Template for Courses s1

1. Title: Vector Space Projections

2. Credit Structure (L-T-P-Cr): 3 0 0 3

3. Course Code:

4. Program/Semester: PhD/MTech

5. Category: Science Elective

6. Prerequisites: Linear Algebra/Digital Signal Processing

7. Foundation for:

8. Abstract Content:

Problems of digital filter design to Sudoku solver can be formulated in terms of projections onto convex/non-convex sets. This course aims at introducing the concepts and method of projections onto convex sets, a Hilbert space approach to solving problems of constraint feasibility. Many convergent iterative algorithms already in existence are vector-space projection algorithms. Objective of this course is to develop formalism for a large number of similar problems. This course will help students in developing a unified perspective towards solving constraint feasibility problems.

Optional:

9. Suggested Text/s:

[1] L. Debnath and P. Mikusinski. Hilbert Spaces with Applications. Elsevier Academic Press, 2005.

[2] H. Stark and Y. Yang. Vector space projections: a numerical approach to signal and image processing, neural nets, and optics. Wiley series in telecommunications and signal processing. Wiley, 1998.

[3] D. G. Luenberger. Optimization by Vector Space Methods, John Wiley & Sons, 1968

[4] S. Boyd and L. Vandenberghe. Convex Optimization, Cambridge University Press, 2004.

10. Detailed Contents:

1. Vector Space Concepts (~ 8 lectures) a. Vector Spaces b. Normed Vector Spaces c. Inner Product Spaces d. Hilbert Spaces 2. Projections onto Convex Sets (~ 10 lectures) a. Convex Set b. Projection c. Properties of Projections d. Fundamental Theory of POCS e. POCS Algorithm and Its Numerical Aspects f. Elementary Projectors i. Linear Type Constraints ii. Error Type Constraints iii. Similarity Constraints iv. Time/Frequency Domain Constraints 3. Solutions of Linear Equations (~3 lectures) a. Convex-Set Formulation b. Convergence c. Minimum Distance Property d. Hybrid Algorithm e. Computed Tomography and Resolution Enhancement

4. Generalized Projections (~7 lectures) a. Convex versus Non-Convex Sets b. Theory of Generalized Projection c. Generalized Projection Algorithm in a Product Vector Space

5. Applications (~ 12 lectures) (a) Communications Non-uniform Sampling, Digital Filters, Estimation of Probability Density Functions, Beam Forming, Color Matching, Blind De-convolution (b) Neural Nets, Image Processing Learning in Multi-Layer Nets, Projection Method Learning Rule, Image Compression, Image Sharpening, Noise Smoothing, Image Synthesis, Restoration of Blurred and Noisy Images, High-Resolution Image Restoration (c) Introduction to Convex Optimization and applications to Signal Processing

11. Outcomes and Objectives:

Outcomes: (a) students will get introduced to Hilbert space and concepts of functional analysis (b) students will learn to include constraints in the engineering design problems (c) students will write a term paper on POCS methods for one of the application area.

12. Comments:

The course is divided into five basic modules as prescribed above.

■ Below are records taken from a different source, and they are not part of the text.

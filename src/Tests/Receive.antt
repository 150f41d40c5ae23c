-- ===== src/Tests/Receive.antt =====
-- The receiving side, and the way from packets to packets, with the list for a FIFO.
use liteeth.Prelude.{
  ℕ, zero, suc, true, false, ◌≡◌, refl, arith, List, [], ◌∷◌, ◌++◌, map, replicate,
}
use liteeth.Stream.{Beat, line, run, run_end, willing_count}
use liteeth.Stream.Fifo.{list_fifo, list_fifo_laws}
use liteeth.Stream.Packets.{concat}
use liteeth.Mac.Preamble.{hunt}
use liteeth.Mac.Padding.Packets.{pad}
use liteeth.Mac.Crc.Crc32.{init}
use liteeth.Mac.Crc.Checker.{CrcChecker, reset, idle, copy, check_step}
use liteeth.Mac.Crc.Checker.Lost.{willing_cycle, lost_after_last}
use liteeth.Mac.Receive.{receive_step}
use liteeth.Mac.Receive.Body.{unflagged}
use liteeth.Mac.Receive.Frame.{Frame, IsFrame}
use liteeth.Mac.Receive.Packets.{wire, judged}
use liteeth.Mac.Receive.Buffered.{AllReady, empty, run-receive_step}
use liteeth.Stream.Buffer.{one_beat, one_beat_laws}
use liteeth.Stream.{Cycle}
use liteeth.Mac.Receive.Good.{ok}
use liteeth.Mac.RoundTrip.{transmitted, receive-transmitted}
use liteeth.Tests.Data.{beat, two_packets, schedule}

abbrev checker : CrcChecker (List Beat)
checker = record { fsm = copy; reg = replicate 32 false; fifo = replicate 4 (beat false 7) }

-- A frame whose trailer is not its CRC.
abbrev wrong : Frame
wrong = record { packet = beat false 1 ∷ beat true 2 ∷ []; words = 0 ∷ 0 ∷ 0 ∷ []; final = 0 }

wrong-IsFrame : IsFrame wrong
wrong-IsFrame = ((refl, refl), refl, (omega arith, (omega arith, (omega arith, tt))), omega arith)

-- Each beat comes after a cycle without one; the downstream is ready.
abbrev quiet : Cycle Beat
quiet = record { offer = false; ready = true; rest = beat true 9 }

abbrev offering : ℕ → List (Cycle Beat)
offering zero = []
offering (suc n) = quiet ∷ record quiet { offer = true } ∷ offering n

offering-AllReady : (n : ℕ) → AllReady (offering n)
offering-AllReady zero = tt
offering-AllReady (suc n) = (refl, (refl, offering-AllReady n))

run-receive_step_example :
    map unflagged (
      run
        (receive_step one_beat (list_fifo 5 (beat false 0)))
        (line
          (hunt, (empty, record checker { fsm = reset }))
          (concat (map wire (wrong ∷ wrong ∷ []))))
        (offering 28 ++ (quiet ∷ [])))
    ≡ concat (map judged (wrong ∷ wrong ∷ []))
unfolding willing_count
run-receive_step_example =
    run-receive_step one_beat one_beat_laws (list_fifo 5 (beat false 0))
      (list_fifo_laws 5 (beat false 0)) empty checker (wrong ∷ wrong ∷ []) (offering 28) quiet refl
      (omega arith) (wrong-IsFrame, (wrong-IsFrame, tt)) (offering-AllReady 28) refl (omega arith)

receive-transmitted_example :
    map unflagged (
      run
        (receive_step one_beat (list_fifo 5 (beat false 0)))
        (line
          (hunt, (empty, record checker { fsm = reset }))
          (transmitted 3 two_packets (schedule 8) (schedule 18) (schedule 34) (schedule 56)))
        (offering 32 ++ (quiet ∷ [])))
    ≡ concat (map (map ok) (map (pad 4) two_packets))
unfolding willing_count
receive-transmitted_example =
    receive-transmitted 3 (omega arith) two_packets ((refl, refl), (refl, tt))
      (omega arith, (omega arith, tt)) (schedule 8) (schedule 18) (schedule 34) (schedule 56)
      one_beat one_beat_laws (list_fifo 5 (beat false 0)) (list_fifo_laws 5 (beat false 0)) empty
      checker (offering 32) quiet refl (offering-AllReady 32) refl (omega arith) (omega arith)
      (omega arith) (omega arith) (omega arith) (omega arith)

lost_after_last_example :
    let end =
      run_end
        (check_step 8 (list_fifo 5 (beat false 0)))
        (line checker (beat true 9 ∷ beat false 5 ∷ []))
        (willing_cycle (beat false 0) ∷ willing_cycle (beat false 0) ∷ []) in
    (end.left ≡ []) × (end.regs.fsm ≡ idle) × (end.regs.reg ≡ init) × (end.regs.fifo ≡ [])
lost_after_last_example =
    lost_after_last (list_fifo 5 (beat false 0)) (list_fifo_laws 5 (beat false 0)) checker
      (beat true 9) (beat false 5) (beat false 0) refl
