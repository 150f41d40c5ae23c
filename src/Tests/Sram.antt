-- ===== src/Tests/Sram.antt =====
-- The memories of liteeth/mac/sram.py on a concrete frame.
use liteeth.Prelude.{ℕ, Bool, true, false, ◌≡◌, refl, arith, List, [], ◌∷◌, inl, inr}
use liteeth.Stream.{Beat, willing_count}
use liteeth.Machine.{ticks, outs}
use liteeth.Mac.Sram.Writer.Packets.{all_cycles, frames_end, frames_status, write_step-frames}
use liteeth.Mac.Sram.Writer.Frame.{Frame, cycles}
use liteeth.Mac.Sram.{Slot, Mems}
use liteeth.Mac.Sram.Writer
use liteeth.Mac.Sram.Writer.{Cycle, write_step}
use liteeth.Mac.Sram.Writer.Bounds.{write_step-counted, ended, refused}
use liteeth.Mac.Sram.RoundTrip.{read_from, read_from-write_step}
use liteeth.Tests.Data.{beat, stalling}

abbrev masked : Bool → ℕ → ℕ → ℕ → Beat
masked last word mask error = record {
  last = last;
  data_word = word;
  last_be = mask;
  error = error;
}

abbrev quiet : Cycle
quiet = record { sink = record { valid = false; beat = beat true 9 }; room = false }

abbrev taken : Beat → Cycle
taken x = record { sink = record { valid = true; beat = x }; room = false }

-- Ten bytes, with a cycle without a beat in between; the mask of the last is for little endian.
abbrev frame : Bool → ℕ → Frame
frame room error = record {
  quiet = quiet ∷ [];
  first = masked false 11 0 0;
  room = room;
  inner = quiet ∷ (taken (masked false 22 0 0) ∷ []);
  final = masked true 33 2 error;
  final_room = false;
  behind = record quiet { room = true };
}

abbrev no_mems : Mems
no_mems s a = 0

abbrev slot_of : ℕ → ℕ → Slot
slot_of slot length = record { slot = slot; length = length }

read_from-write_step_example :
    let w = Writer.at Writer.idle 0 1 0 no_mems in
    let step = write_step false 1 9 in
    read_from false 11 9 0 0
      (stalling (slot_of 0 0) 5)
      (ticks step w (cycles (frame true 0))).mems
      (outs step w (cycles (frame true 0)))
    ≡ masked false 11 0 0 ∷ (masked false 22 0 0 ∷ (masked true 33 2 0 ∷ []))
unfolding willing_count
read_from-write_step_example =
    read_from-write_step false 11 9 0 0 (stalling (slot_of 0 0) 5) 1 1 0 no_mems (frame true 0) refl
      refl refl refl (inr (inl refl)) (omega arith) (omega arith) (omega arith) (omega arith)

-- A good frame, one with an error, one for which there is no room, and a good one.
abbrev frames : List Frame
frames = frame true 0 ∷ (frame true 3 ∷ (frame false 0 ∷ (frame true 0 ∷ [])))

write_step-frames_example :
    let step = write_step false 1 9 in
    let w = Writer.at Writer.idle 0 0 0 no_mems in
    (ticks step w (all_cycles false 1 9 frames) ≡ frames_end false 1 9 0 0 no_mems frames)
    × (outs step w (all_cycles false 1 9 frames)
        ≡ slot_of 0 10 ∷ (slot_of 1 0 ∷ (slot_of 0 10 ∷ [])))
unfolding frames_status
write_step-frames_example =
    write_step-frames false 1 9 0 0 no_mems frames
      ((refl, omega arith, (refl, omega arith, (refl, omega arith, (refl, omega arith, tt)))))

write_step-counted_example :
    let w = Writer.at Writer.idle 0 1 0 no_mems in
    let end = ticks (write_step false 1 9) w (all_cycles false 1 9 frames) in
    (end.slot ≡ 0) × (end.errors ≡ 1) × (end.counter ≡ 0)
unfolding ended refused ticks all_cycles write_step
write_step-counted_example =
    write_step-counted false 1 9 (Writer.at Writer.idle 0 1 0 no_mems) (all_cycles false 1 9 frames)
      (omega arith) (omega arith) refl
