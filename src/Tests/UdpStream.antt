-- ===== src/Tests/UdpStream.antt =====
-- The byte stream of liteeth/frontend/stream.py on concrete schedules.
use liteeth.Prelude.{ℕ, Bool, true, false, ◌≡◌, refl, arith, List, [], ◌∷◌, ◌++◌}
use liteeth.Stream.Fifo.{Fifo, FifoLaws, list_fifo, list_fifo_laws}
use liteeth.Machine.{ticks, outs}
use liteeth.Frontend.UdpStream.{
  Config, Offer, UserBeat, tx_at, idle, send_beat, tx_step, rx_step, accepted, handed,
}
use liteeth.Frontend.UdpStream.Datagrams.{beats}
use liteeth.Frontend.UdpStream.Order.{SendingAt, tx_step-datagrams}
use liteeth.Frontend.UdpStream.Ready.{tx_step-when_ready}
use liteeth.Frontend.UdpStream.Through.{handed-tx_step}

abbrev config : Config
config = record {
  ip_address = 0xc0a80132;
  udp_port = 1234;
  send_level = 2;
  fifo_depth = 4;
  width = 3;
}

abbrev peer : Config
peer = record config { ip_address = 0xc0a80164 }

abbrev bytes : Bool → ℕ → Bool → Offer ℕ
bytes valid x ready = record { valid = valid; payload = x; ready = ready }

-- Six bytes; the source stalls, and the queue is full once.
abbrev offers : List (Offer ℕ)
offers =
    bytes true 7 true
    ∷ bytes true 8 true
    ∷ bytes true 9 false
    ∷ bytes true 10 false
    ∷ bytes true 11 false
    ∷ bytes true 11 true
    ∷ bytes true 12 true
    ∷ bytes false 0 true
    ∷ bytes false 0 true
    ∷ []

abbrev fifo : Fifo ℕ
fifo = list_fifo 4 0

abbrev laws : FifoLaws 4 fifo
laws = list_fifo_laws 4 0

abbrev from_peer : Bool → UserBeat → Bool → Offer UserBeat
from_peer valid x ready = record {
  valid = valid;
  payload = record x { ip_address = 0xc0a80164 };
  ready = ready;
}

-- The sender's beats as they arrive: two datagrams begun.
abbrev arrivals : List (Offer UserBeat)
arrivals =
    from_peer true (send_beat config 2 0 7) false
    ∷ from_peer false (send_beat config 2 0 7) true
    ∷ from_peer true (send_beat config 2 1 8) true
    ∷ from_peer true (send_beat config 3 0 9) false
    ∷ []

tx_step-datagrams_example :
    let s = tx_at idle 0 0 [] in
    SendingAt config fifo laws
      (accepted config fifo s offers)
      (outs (tx_step config fifo) s offers)
      (ticks (tx_step config fifo) s offers)
tx_step-datagrams_example =
    tx_step-datagrams config fifo laws (omega arith) (omega arith) (tx_at idle 0 0 []) offers refl
      refl

abbrev queue : List ℕ
queue = 7 ∷ 8 ∷ 9 ∷ []

tx_step-when_ready_example :
    let s = tx_at idle 1 2 queue in
    let os =
      bytes true 10 false ∷ bytes true 11 true ∷ bytes false 0 true ∷ bytes true 12 true ∷ [] in
    (outs (tx_step config fifo) s os ≡ beats config 3 0 (7 ∷ 8 ∷ 9 ∷ []))
    × ((ticks (tx_step config fifo) s os).fsm ≡ idle)
tx_step-when_ready_example =
    tx_step-when_ready config fifo laws (omega arith) 1 2 (7 ∷ 8 ∷ 9 ∷ []) 7 (8 ∷ 9 ∷ [])
      (bytes true 10 false) (bytes true 11 true ∷ bytes false 0 true ∷ bytes true 12 true ∷ []) refl
      (omega arith) (omega arith) (refl, (refl, (refl, tt))) refl

handed-tx_step_example :
    let s = tx_at idle 0 0 [] in
    accepted config fifo s offers
    ≡ (outs (rx_step peer fifo) [] arrivals ++ ticks (rx_step peer fifo) [] arrivals)
      ++ (ticks (tx_step config fifo) s offers).fifo
unfolding handed outs tx_step rx_step
handed-tx_step_example =
    handed-tx_step config peer fifo fifo laws laws (omega arith) (omega arith) refl
      (tx_at idle 0 0 []) offers [] arrivals refl refl refl refl
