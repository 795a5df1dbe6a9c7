-- ===== src/Lib.antt =====
-- syver checks a system against a spec: it loads resources from YAML or JSON, runs the checks of
-- each, some of them behind prerequisites (`depends-on`), and prints the results.
--
-- Value models the values of a spec. Resource models what the schedulers see of a resource
-- (resource/resource.go, resource/key.go): its key and its reference. Resource/Results is the
-- result of a check (resource/validate.go), Resource/Reason the text of a skip reason
-- (resource/skip.go, oneLineSkipReason), and Resource/Skips the promotion of skips and the panic
-- barrier (resource/resource.go, resource/skip.go, resource/panic.go). Resource/Validating is the
-- check of one attribute (resource/validate.go, ValidateValue and ValidateGomegaValue), with the
-- matcher of what the spec expects as a parameter.
--
-- Resource/Statements are the forms of statement that the Validate methods of the resource types
-- are written with (resource/resource.go: isSet, isSetWarnEmpty, warnSpecOnce, deprecateAtoI), on
-- their variables `skip` and `results` and the warnings that the process has given. Resource/Types
-- has the types and their methods as lists of these: files, mounts, packages and registry keys
-- (resource/file.go, mount.go, package.go, registry.go) in Files, users, groups, services,
-- processes, commands, kernel parameters and matching (resource/user.go, ...) in Hosts, and
-- addresses, ports, names, interfaces and requests (resource/addr.go, ...) in Networks. What the
-- system answers is a parameter. Resource/Numbers is strconv.Atoi, the conversion of the standard
-- library that deprecateAtoI calls, and Resource/Numbers/Texts the texts of ints.
--
-- Matchers models matchers/: the types of matcher and their `Match`, with the leaves that wrap a
-- matcher of gomega as parameters (Leaves). Matchers/Compile is matcherToGomegaMatcher of
-- resource/gomega.go, Matchers/Transforms is type_conversion.go, Matchers/Patterns is
-- have_patterns.go with the regexp package as a parameter, and Matchers/Semver is
-- semver_constraint.go.
--
-- Scheduler models dependency_scheduler.go. Scheduler/Refs is resolveDependencyRef,
-- Scheduler/Cycles the search of detectDependencyCycles, Scheduler/Build is buildSchedule, and
-- Scheduler/Waves the loop of validateWithDependencies; Scheduler/Waves/Verdicts says what it is
-- to send and store, in terms of verdicts alone. A map is a function from texts. The order in
-- which Go ranges over a map is a parameter (RangeOrder), and so is the order in which the workers
-- of a wave finish (Workers). A check is a parameter as well (World): it answers with results, or
-- panics.
--
-- Run models validate.go: the choice between the two schedulers (Run/Validation), and the attempts
-- of ValidateConfig, with the clock and the outcome of each attempt as parameters. Its fuel is the
-- timeout in nanoseconds and two more, since every sleep takes at least one.
--
-- Discovery models discovery_config.go (Entries) and discovery_validate.go: the registers, and
-- what is found under each. The order in which the results arrive is a parameter (Arrival).
--
-- Outputs models what the formats of outputs/ count and the exit codes they answer with. Serve
-- models the health endpoint of serve.go: the verdict and its status code, and in Serve/Requests
-- the requests of processAndEnsureCached and fillCache as steps that interleave, on the cache and
-- the mutex they share. The cache of go-cache is the entry that it holds, which may expire at any
-- time (Event).
--
-- Outputs/Options is the options of the formats (outputs/outputs.go), Outputs/Meta the flattening
-- of `meta:` (outputs/meta.go), on the levels that its depth limit leaves, Serve/Content the
-- negotiation of a content type (serve.go), and Store/Loading the load of a spec, with the
-- discovery in front of it (validate.go, discovery_load.go).
--
-- Guard models toplevel_guard.go: levenshtein row by row, suggestKey, and checkTopLevelKeys on the
-- nodes of the document. The parser, of go.yaml.in/yaml/v3, and sort.Strings are parameters.
--
-- Store models store.go and syver_config.go: reading a spec (Store), the formats (Store/Formats),
-- the merge of the files that it includes (Store/Merge), with the list of these as Store/Layers,
-- and the variables of the templates with the cache of their files (Store/Vars). The parsers of
-- JSON and YAML, mergo and the file system are parameters. The merge runs on the levels that the
-- depth limit leaves, 49 from the top.
--
-- The search for cycles runs on as much fuel as the schedule has references, and the loop of the
-- waves on as much as it has items, and one more: the search enters a reference once, and each pass
-- of the loop completes an item. The times and `meta:` of a
-- result, the text that the formats print and the log are not modelled, and neither are the probes
-- of the operating system, what a matcher reports of a mismatch and the templates.
pub mod Prelude
pub mod Value
pub mod Resource
pub mod Scheduler
pub mod Outputs
pub mod Serve
pub mod Guard
pub mod Run
pub mod Discovery
pub mod Matchers
pub mod Store
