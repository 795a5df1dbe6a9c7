-- ===== src/Prelude/Errors.antt =====
-- A value or an error: Go's pair of a result and an `error`, of which one is set.
use mathlib.Core.Path.{◌≡◌, refl}

pub data Result (E A : Type 0) : Type 0 where
  err : E → Result E A
  ok : A → Result E A

infixl 5 ◌>>=◌
abbrev pub ◌>>=◌ : {E X Y : Type 0} → Result E X → (X → Result E Y) → Result E Y
err problem >>= next = err problem
ok x >>= next = next x

-- A chain that succeeds has a first step that does.
pub >>=-eq-ok :
    {E X Y : Type 0} (first : Result E X) (next : X → Result E Y) {y : Y}
    → (first >>= next) ≡ ok y
    → (x : X) × (first ≡ ok x) × (next x ≡ ok y)
>>=-eq-ok (err problem) next h = cc
>>=-eq-ok (ok x) next h = (x, refl, h)

pub ok_inj : {E A : Type 0} {x y : A} → Path (Result E A) (ok x) (ok y) → x ≡ y
ok_inj h = cc
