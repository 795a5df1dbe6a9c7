-- ===== src/Prelude/Maps.antt =====
-- Texts compared for equality, and maps from text keys as functions.
use Prim.Native.String.{String}
use mathlib.Core.Path.{◌≡◌, refl}
use mathlib.Core.Logic.{◌≢◌}
use mathlib.Core.Bool.{Bool, true, false}
use native.Mathlib.Omega.{arith}
use text.Mathlib.Text.{◌==◌ as str_beq}
use text.Mathlib.TextEquality.{eq_iff}
use syver.Prelude.Tests.{if◌then◌else◌}

-- `s == t` on texts.
abbrev pub str_eq : String → String → Bool
str_eq s t = str_beq s t

-- `s + t` on texts.
unfoldable pub concat : String → String → String
concat String.[] t = t
concat (String.◌∷◌ c s) t = String.◌∷◌ c (concat s t)

pub eq_of_str_eq : (s t : String) → str_eq s t ≡ true → s ≡ t
eq_of_str_eq s t = (eq_iff s t).0

pub str_eq_self : (s : String) → str_eq s s ≡ true
str_eq_self s = (eq_iff s s).1 refl

pub str_eq_of_ne : (s t : String) → s ≢ t → str_eq s t ≡ false
str_eq_of_ne s t h = ground (arith, eq_iff s t)

module _ {ℓ} {V : Type ℓ} where
  -- `m[k] = v`
  unfoldable pub update : (String → V) → String → V → String → V
  update m k v j = if str_eq k j then v else m j

  pub update_self : (m : String → V) (k : String) (v : V) → update m k v k ≡ v
  unfolding update
  update_self m k v = rw (str_eq_self k)

  pub update_ne : (m : String → V) (k j : String) (v : V) → k ≢ j → update m k v j ≡ m j
  unfolding update
  update_ne m k j v h = rw (str_eq_of_ne k j h)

The fifth module is a project based learning module. It comprises of applications from various domains, and depending upon the student's interest a subset of applications will be selected for discussion. Students are also expected to take up a project during the course which will be based on the methods developed/learnt in the class. Beginning part of the course deals with the theory of Hilbert spaces and convex sets. Book by L. Debnath on Hilbert spaces and its application, [1], will be referred for developing concepts of Hilbert space. The rest of the course is mostly exploratory and will be taught from the book titled Vector Space Projections by Henry Stark and Youngyi Yang [2]. The book by Boyd [4] will be referred to for the part on introduction to convex optimization along with the book by Luenberger [3].